━━━ Available data ━━━
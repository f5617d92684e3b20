-- ===== src/Auth/Registry/Admission.antt =====
-- `Prepare`: a challenge is created only where neither its target nor its actor has one.
use cresora.Prelude.{
  ℕ, ◌+◌, ◌<◌, ◌≡◌, ◌≢◌, refl, Option, none, some, List, [], ◌∷◌, arith, length, nat_eq, ltb, leb,
  if◌then◌else◌, ◌==◌, inl, inr, Bool-cases, Option-cases, OnSome, ◌⊎◌,
}
use cresora.Prelude.Maps.{lookup, insert, lookup-insert, length-insert}
use cresora.Auth.Errors.{Context, runtime_context_error}
use cresora.Auth.Challenge.{Text, AuthTarget, target_eq, same_target_iff}
use cresora.Auth.Registry.{
  Registry, Reservation, Outcome, next_request_id, cleanup, live_at, new_record, resume, occupied,
  register, register_drawn, create, admit, prepare,
}
use cresora.Auth.Registry.Invariant.{Live, Inv, store-Inv, cleanup-Inv}

-- The registry with a new challenge under the identity `id`.
abbrev enrolled : Registry → AuthTarget → Text → ℕ → ℕ → Registry
enrolled g t phone expires id = record g {
  heap = λ q. if q == g.next_address then new_record id t phone expires else g.heap q;
  next_address = g.next_address + 1;
  challenges = insert id g.next_address g.challenges;
  actor_slots = insert t.actor id g.actor_slots;
  target_slots = insert t id g.target_slots;
}

module _ (g : Registry) (t : AuthTarget) (phone : Text) (expires id : ℕ) (v : Inv g)
    (new_id : lookup id g.challenges ≡ none) (unused : lookup id g.tombstones ≡ none)
    (free_actor : lookup t.actor g.actor_slots ≡ none)
    (free_target : lookup t g.target_slots ≡ none)
    (room : length g.challenges + length g.tombstones < g.capacity) where
  abbrev after : Registry
  after = enrolled g t phone expires id

  -- A challenge of the new registry is the new one or one of the old.
  split :
      (j q : ℕ)
      → lookup j after.challenges ≡ some q
      → ((id ≡ j) × (q ≡ g.next_address)) ⊎ (lookup j g.challenges ≡ some q)
  split j q h = ground (arith, lookup-insert id j g.next_address g.challenges)

  old-Live : (j q : ℕ) → lookup j g.challenges ≡ some q → Live after j q
  old-Live j q h =
      let l = v.live j q h in
      record {
        allocated = omega (arith, l.allocated);
        keyed = ground (arith, l.allocated, l.keyed);
        actor_slot = ground (
          arith,
          l.allocated,
          l.actor_slot,
          free_actor,
          lookup-insert t.actor (g.heap q).target.actor id g.actor_slots,
        );
        target_slot = ground (
          arith,
          l.allocated,
          l.target_slot,
          free_target,
          same_target_iff t (g.heap q).target,
          lookup-insert t (g.heap q).target id g.target_slots,
        );
        apart = l.apart;
      }

  new-Live : Live after id g.next_address
  new-Live = record {
    allocated = omega arith;
    keyed = ground arith;
    actor_slot = ground (arith, lookup-insert t.actor t.actor id g.actor_slots);
    target_slot = ground (arith, same_target_iff t t, lookup-insert t t id g.target_slots);
    apart = unused;
  }

  -- Any old challenge is found as before.
  kept :
      (j q : ℕ)
      → lookup j g.challenges ≡ some q
      → (lookup j after.challenges ≡ some q) × (after.heap q ≡ g.heap q)
  kept j q h =
      let l = v.live j q h in
      ground (arith, new_id, l.allocated, lookup-insert id j g.next_address g.challenges)

  found_new :
      (lookup id after.challenges ≡ some g.next_address)
      × (after.heap g.next_address ≡ new_record id t phone expires)
  found_new = ground (arith, lookup-insert id id g.next_address g.challenges)

  after-actor_live :
      (a j : ℕ)
      → lookup a after.actor_slots ≡ some j
      → (q : ℕ) × (lookup j after.challenges ≡ some q) × ((after.heap q).target.actor ≡ a)
  after-actor_live a j h = elim (pick) [
    | inl (e, e') ↦ (g.next_address, rw (← e') found_new.0, rw (found_new.1) e)
    | inr old ↦
        let (q, found, e) = v.actor_live a j old in
        (q, (kept j q found).0, rw ((kept j q found).1) e)
  ]
    where
      pick : ((t.actor ≡ a) × (id ≡ j)) ⊎ (lookup a g.actor_slots ≡ some j)
      pick = ground (arith, lookup-insert t.actor a id g.actor_slots)

  after-target_live :
      (s : AuthTarget) (j : ℕ)
      → lookup s after.target_slots ≡ some j
      → (q : ℕ) × (lookup j after.challenges ≡ some q) × ((after.heap q).target ≡ s)
  after-target_live s j h = elim (pick) [
    | inl (e, e') ↦ (g.next_address, rw (← e') found_new.0, rw (found_new.1) e)
    | inr old ↦
        let (q, found, e) = v.target_live s j old in
        (q, (kept j q found).0, rw ((kept j q found).1) e)
  ]
    where
      pick : ((t ≡ s) × (id ≡ j)) ⊎ (lookup s g.target_slots ≡ some j)
      pick = ground (arith, same_target_iff t s, lookup-insert t s id g.target_slots)

  after-Live : (j q : ℕ) → lookup j after.challenges ≡ some q → Live after j q
  after-Live j q h = elim (split j q h) [
    | inl (e, e') ↦ rw (e', ← e) new-Live
    | inr old ↦ old-Live j q old
  ]

  enrolled-Inv : Inv after
  enrolled-Inv = record {
    live = after-Live;
    actor_live = after-actor_live;
    target_live = after-target_live;
    bounded = omega (arith, room, length-insert id g.next_address g.challenges);
    sized = v.sized;
    frugal = λ p. ground (arith, v.frugal p);
  }

-- An identity that was drawn is not nil and names no challenge and no terminal result.
pub next_request_id-is_new :
    (g : Registry) (drawn : List ℕ)
    → OnSome
        (λ id. (id ≢ 0) × (lookup id g.challenges ≡ none) × (lookup id g.tombstones ≡ none))
        (next_request_id g drawn)
unfolding next_request_id
next_request_id-is_new g [] = tt
next_request_id-is_new g (id ∷ drawn) = ground (
  arith,
  next_request_id-is_new g drawn,
  Option-cases (lookup id g.challenges),
  Option-cases (lookup id g.tombstones),
)

resume-Inv : (now : ℕ) (g : Registry) (p e : ℕ) → Inv g → Inv (resume now g p e).0
unfolding resume
resume-Inv now g p e v = elim (Bool-cases (ltb e (g.heap p).expires)) [
  | inl h ↦ rw h (store-Inv g p (record (g.heap p) { expires = e }) refl refl v (v.frugal p))
  | inr h ↦ rw h v
]

occupied-Inv : (now : ℕ) (g : Registry) (p : ℕ) → Inv g → Inv (occupied now g p).0
unfolding occupied
occupied-Inv now g p v = ground arith

-- No live challenge behind a slot means that the slot is empty.
free_actor :
    (g : Registry) (a : ℕ)
    → Inv g
    → live_at g (lookup a g.actor_slots) ≡ none
    → lookup a g.actor_slots ≡ none
unfolding live_at
free_actor g a v h = elim (Option-cases (lookup a g.actor_slots)) [
  | inl e ↦ e
  | inr (id, e) ↦ let (p, found, _) = v.actor_live a id e in cc (rw e at h)
]

free_target :
    (g : Registry) (t : AuthTarget)
    → Inv g
    → live_at g (lookup t g.target_slots) ≡ none
    → lookup t g.target_slots ≡ none
unfolding live_at
free_target g t v h = elim (Option-cases (lookup t g.target_slots)) [
  | inl e ↦ e
  | inr (id, e) ↦ let (p, found, _) = v.target_live t id e in cc (rw e at h)
]

abbrev Keeps : Option (Outcome Reservation) → Type 0
Keeps = OnSome (λ o. Inv o.0)

register_drawn-Inv :
    (g : Registry) (t : AuthTarget) (phone : Text) (e : ℕ) (o : Option ℕ)
    → Inv g
    → lookup t.actor g.actor_slots ≡ none
    → lookup t g.target_slots ≡ none
    → length g.challenges + length g.tombstones < g.capacity
    → OnSome (λ id. (id ≢ 0) × (lookup id g.challenges ≡ none) × (lookup id g.tombstones ≡ none)) o
    → Keeps (register_drawn g t phone e o)
unfolding register_drawn register
register_drawn-Inv g t phone e none v fa ft room d = tt
register_drawn-Inv g t phone e (some id) v fa ft room d =
    enrolled-Inv g t phone e id v d.1 d.2 fa ft room

create-Inv :
    (g : Registry) (t : AuthTarget) (phone : Text) (e : ℕ) (drawn : List ℕ)
    → Inv g
    → lookup t.actor g.actor_slots ≡ none
    → lookup t g.target_slots ≡ none
    → Keeps (create g t phone e drawn)
unfolding create
create-Inv g t phone e drawn v fa ft =
    elim (Bool-cases (leb g.capacity (length g.challenges + length g.tombstones))) [
      | inl full ↦ rw full v
      | inr room ↦ rw room (
          register_drawn-Inv g t phone e (next_request_id g drawn) v fa ft (ground arith)
            (next_request_id-is_new g drawn))
    ]

admit-Inv :
    (now : ℕ) (g : Registry) (t : AuthTarget) (phone : Text) (e : ℕ) (drawn : List ℕ)
    → Inv g
    → Keeps (admit now g t phone e drawn)
unfolding admit
admit-Inv now g t phone e drawn v = elim (Option-cases (live_at g (lookup t g.target_slots))) [
  | inr (p, there) ↦ rw (there, admit) (resume-Inv now g p e v)
  | inl ft ↦ elim (Option-cases (live_at g (lookup t.actor g.actor_slots))) [
    | inr (p, there) ↦ rw (ft, there, admit) (occupied-Inv now g p v)
    | inl fa ↦
        rw (ft, fa, admit)
          (create-Inv g t phone e drawn v (free_actor g t.actor v fa) (free_target g t v ft))
  ]
]

-- `Prepare` keeps the registry well formed, whatever it answers.
pub prepare-Inv :
    (ctx : Context) (cleaned_at now : ℕ) (g : Registry) (t : AuthTarget) (phone : Text) (e : ℕ)
    (drawn : List ℕ)
    → Inv g
    → Keeps (prepare ctx cleaned_at now g t phone e drawn)
unfolding prepare
prepare-Inv ctx cleaned_at now g t phone e drawn v =
    elim (Option-cases (runtime_context_error ctx)) [
      | inr (x, bad) ↦ rw (bad, prepare) v
      | inl fine ↦
          rw (fine, prepare)
            (ground (
              arith,
              v,
              admit-Inv now (cleanup cleaned_at g) t phone e drawn (cleanup-Inv cleaned_at g v),
            ))
    ]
━━━
▶ **Work to be completed**
There is a run of lines above from the one with "allocated = omega arith;" to the one with "after-Live : (j"; print exactly that run, both ends included, and nothing else.

▶ **Problem solution**
    allocated = omega arith;
    keyed = ground arith;
    actor_slot = ground (arith, lookup-insert t.actor t.actor id g.actor_slots);
    target_slot = ground (arith, same_target_iff t t, lookup-insert t t id g.target_slots);
    apart = unused;
  }

  -- Any old challenge is found as before.
  kept :
      (j q : ℕ)
      → lookup j g.challenges ≡ some q
      → (lookup j after.challenges ≡ some q) × (after.heap q ≡ g.heap q)
  kept j q h =
      let l = v.live j q h in
      ground (arith, new_id, l.allocated, lookup-insert id j g.next_address g.challenges)

  found_new :
      (lookup id after.challenges ≡ some g.next_address)
      × (after.heap g.next_address ≡ new_record id t phone expires)
  found_new = ground (arith, lookup-insert id id g.next_address g.challenges)

  after-actor_live :
      (a j : ℕ)
      → lookup a after.actor_slots ≡ some j
      → (q : ℕ) × (lookup j after.challenges ≡ some q) × ((after.heap q).target.actor ≡ a)
  after-actor_live a j h = elim (pick) [
    | inl (e, e') ↦ (g.next_address, rw (← e') found_new.0, rw (found_new.1) e)
    | inr old ↦
        let (q, found, e) = v.actor_live a j old in
        (q, (kept j q found).0, rw ((kept j q found).1) e)
  ]
    where
      pick : ((t.actor ≡ a) × (id ≡ j)) ⊎ (lookup a g.actor_slots ≡ some j)
      pick = ground (arith, lookup-insert t.actor a id g.actor_slots)

  after-target_live :
      (s : AuthTarget) (j : ℕ)
      → lookup s after.target_slots ≡ some j
      → (q : ℕ) × (lookup j after.challenges ≡ some q) × ((after.heap q).target ≡ s)
  after-target_live s j h = elim (pick) [
    | inl (e, e') ↦ (g.next_address, rw (← e') found_new.0, rw (found_new.1) e)
    | inr old ↦
        let (q, found, e) = v.target_live s j old in
        (q, (kept j q found).0, rw ((kept j q found).1) e)
  ]
    where
      pick : ((t ≡ s) × (id ≡ j)) ⊎ (lookup s g.target_slots ≡ some j)
      pick = ground (arith, same_target_iff t s, lookup-insert t s id g.target_slots)

  after-Live : (j q : ℕ) → lookup j after.challenges ≡ some q → Live after j q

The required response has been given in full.